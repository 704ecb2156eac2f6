-- ===== src/Identity/Sessions/Revocation.antt =====
-- `listSessions`, `revokeSession` and `revokeAllSessions` of
-- apps/api/src/identity/infrastructure/prisma/prisma-identity.repository.ts.
use sentriqora.Base.{
  ℕ, Bool, true, false, Option, none, some, List, [], ◌∷◌, String, Text, any, map, length, ltb,
  ◌==◌, ◌&&◌, find_first, update_where, if◌then◌else◌,
}
use sentriqora.Identity.Store.{Session, RefreshToken, Accounts, is_none, record_event}
use sentriqora.Identity.Sessions.{is_own_session, revoke, revoke_token, revoke_session_graph}

-- `SessionRecord`
pub record SessionRecord : Type 0 where
  pub id : ℕ
  pub device_name : Text
  pub ip_address : Text
  pub current : Bool
  pub created_at : ℕ
  pub last_seen_at : ℕ
  pub expires_at : ℕ
  pub revoked_at : Option ℕ

abbrev session_record : ℕ → Session → SessionRecord
session_record current x = record {
  id = x.id;
  device_name = x.device_name;
  ip_address = x.ip_address;
  current = x.id == current;
  created_at = x.created_at;
  last_seen_at = x.last_seen_at;
  expires_at = x.expires_at;
  revoked_at = x.revoked_at;
}

-- ORDER BY created_at DESC, an insertion sort
unfoldable pub insert_recent : Session → List Session → List Session
insert_recent x [] = x ∷ []
insert_recent x (y ∷ ys) =
    let rest = insert_recent x ys in if ltb x.created_at y.created_at then y ∷ rest else x ∷ y ∷ ys

unfoldable pub recent_of : (organization user : ℕ) → List Session → List Session
recent_of organization user [] = []
recent_of organization user (x ∷ xs) =
    let rest = recent_of organization user xs in
    if x.organization_id == organization && x.user_id == user then insert_recent x rest else rest

-- `listSessions`
unfoldable pub list_sessions : (current organization user : ℕ) → Accounts → List SessionRecord
list_sessions current organization user s =
    map (session_record current) (recent_of organization user s.sessions)

-- `revokeSession`: whether the session was there
unfoldable pub revoke_session :
    (now organization actor : ℕ) (reason : String) (session : ℕ) → Accounts → Bool × Accounts
revoke_session now organization actor reason session s =
    elim (find_first (is_own_session organization actor session) s.sessions) [
      | none ↦ (false, s)
      | some x ↦ (
        true,
        record_event
            (record {
              organization_id = organization;
              actor_user_id = actor;
              action = "auth.session.revoked";
              outcome = "success";
              target_type = "session";
              target_id = x.id;
            })
            (revoke_session_graph x.id reason now s),
      )
    ]

-- The ids of the sessions that are not revoked.
unfoldable pub open_sessions : (organization user : ℕ) → List Session → List ℕ
open_sessions organization user [] = []
open_sessions organization user (x ∷ xs) =
    let rest = open_sessions organization user xs in
    if x.organization_id == organization && x.user_id == user && is_none x.revoked_at
    then x.id ∷ rest
    else rest

abbrev pub is_in : List ℕ → ℕ → Bool
is_in ids id = any (λ i. i == id) ids

abbrev pub is_unrevoked_in : List ℕ → RefreshToken → Bool
is_unrevoked_in ids t = is_in ids t.session_id && is_none t.revoked_at

unfoldable pub revoke_ids : List ℕ → (reason : String) (now : ℕ) → Accounts → Accounts
revoke_ids ids reason now s = record s {
  sessions = update_where (λ x. is_in ids x.id) (revoke reason now) s.sessions;
  refresh_tokens = update_where (is_unrevoked_in ids) (revoke_token now) s.refresh_tokens;
}

-- `revokeAllSessions`: the number of sessions that were revoked
unfoldable pub revoke_all_sessions :
    (now organization user : ℕ) (reason : String) → Accounts → ℕ × Accounts
revoke_all_sessions now organization user reason s =
    let ids = open_sessions organization user s.sessions in
    (
      length ids,
      record_event
          (record {
            organization_id = organization;
            actor_user_id = user;
            action = "auth.sessions.revoked_all";
            outcome = "success";
            target_type = "user";
            target_id = user;
          })
          (revoke_ids ids reason now s),
    )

+--

PROMPT:
Output exactly the leading lines of the data, up to and including the line marked by "let rest = recent_of".

TASK RESPONSE:
repository 704ecb2156eac2f6
-- ===== src/Identity/Sessions/Revocation.antt =====
-- `listSessions`, `revokeSession` and `revokeAllSessions` of
-- apps/api/src/identity/infrastructure/prisma/prisma-identity.repository.ts.
use sentriqora.Base.{
  ℕ, Bool, true, false, Option, none, some, List, [], ◌∷◌, String, Text, any, map, length, ltb,
  ◌==◌, ◌&&◌, find_first, update_where, if◌then◌else◌,
}
use sentriqora.Identity.Store.{Session, RefreshToken, Accounts, is_none, record_event}
use sentriqora.Identity.Sessions.{is_own_session, revoke, revoke_token, revoke_session_graph}

-- `SessionRecord`
pub record SessionRecord : Type 0 where
  pub id : ℕ
  pub device_name : Text
  pub ip_address : Text
  pub current : Bool
  pub created_at : ℕ
  pub last_seen_at : ℕ
  pub expires_at : ℕ
  pub revoked_at : Option ℕ

abbrev session_record : ℕ → Session → SessionRecord
session_record current x = record {
  id = x.id;
  device_name = x.device_name;
  ip_address = x.ip_address;
  current = x.id == current;
  created_at = x.created_at;
  last_seen_at = x.last_seen_at;
  expires_at = x.expires_at;
  revoked_at = x.revoked_at;
}

-- ORDER BY created_at DESC, an insertion sort
unfoldable pub insert_recent : Session → List Session → List Session
insert_recent x [] = x ∷ []
insert_recent x (y ∷ ys) =
    let rest = insert_recent x ys in if ltb x.created_at y.created_at then y ∷ rest else x ∷ y ∷ ys

unfoldable pub recent_of : (organization user : ℕ) → List Session → List Session
recent_of organization user [] = []
recent_of organization user (x ∷ xs) =
    let rest = recent_of organization user xs in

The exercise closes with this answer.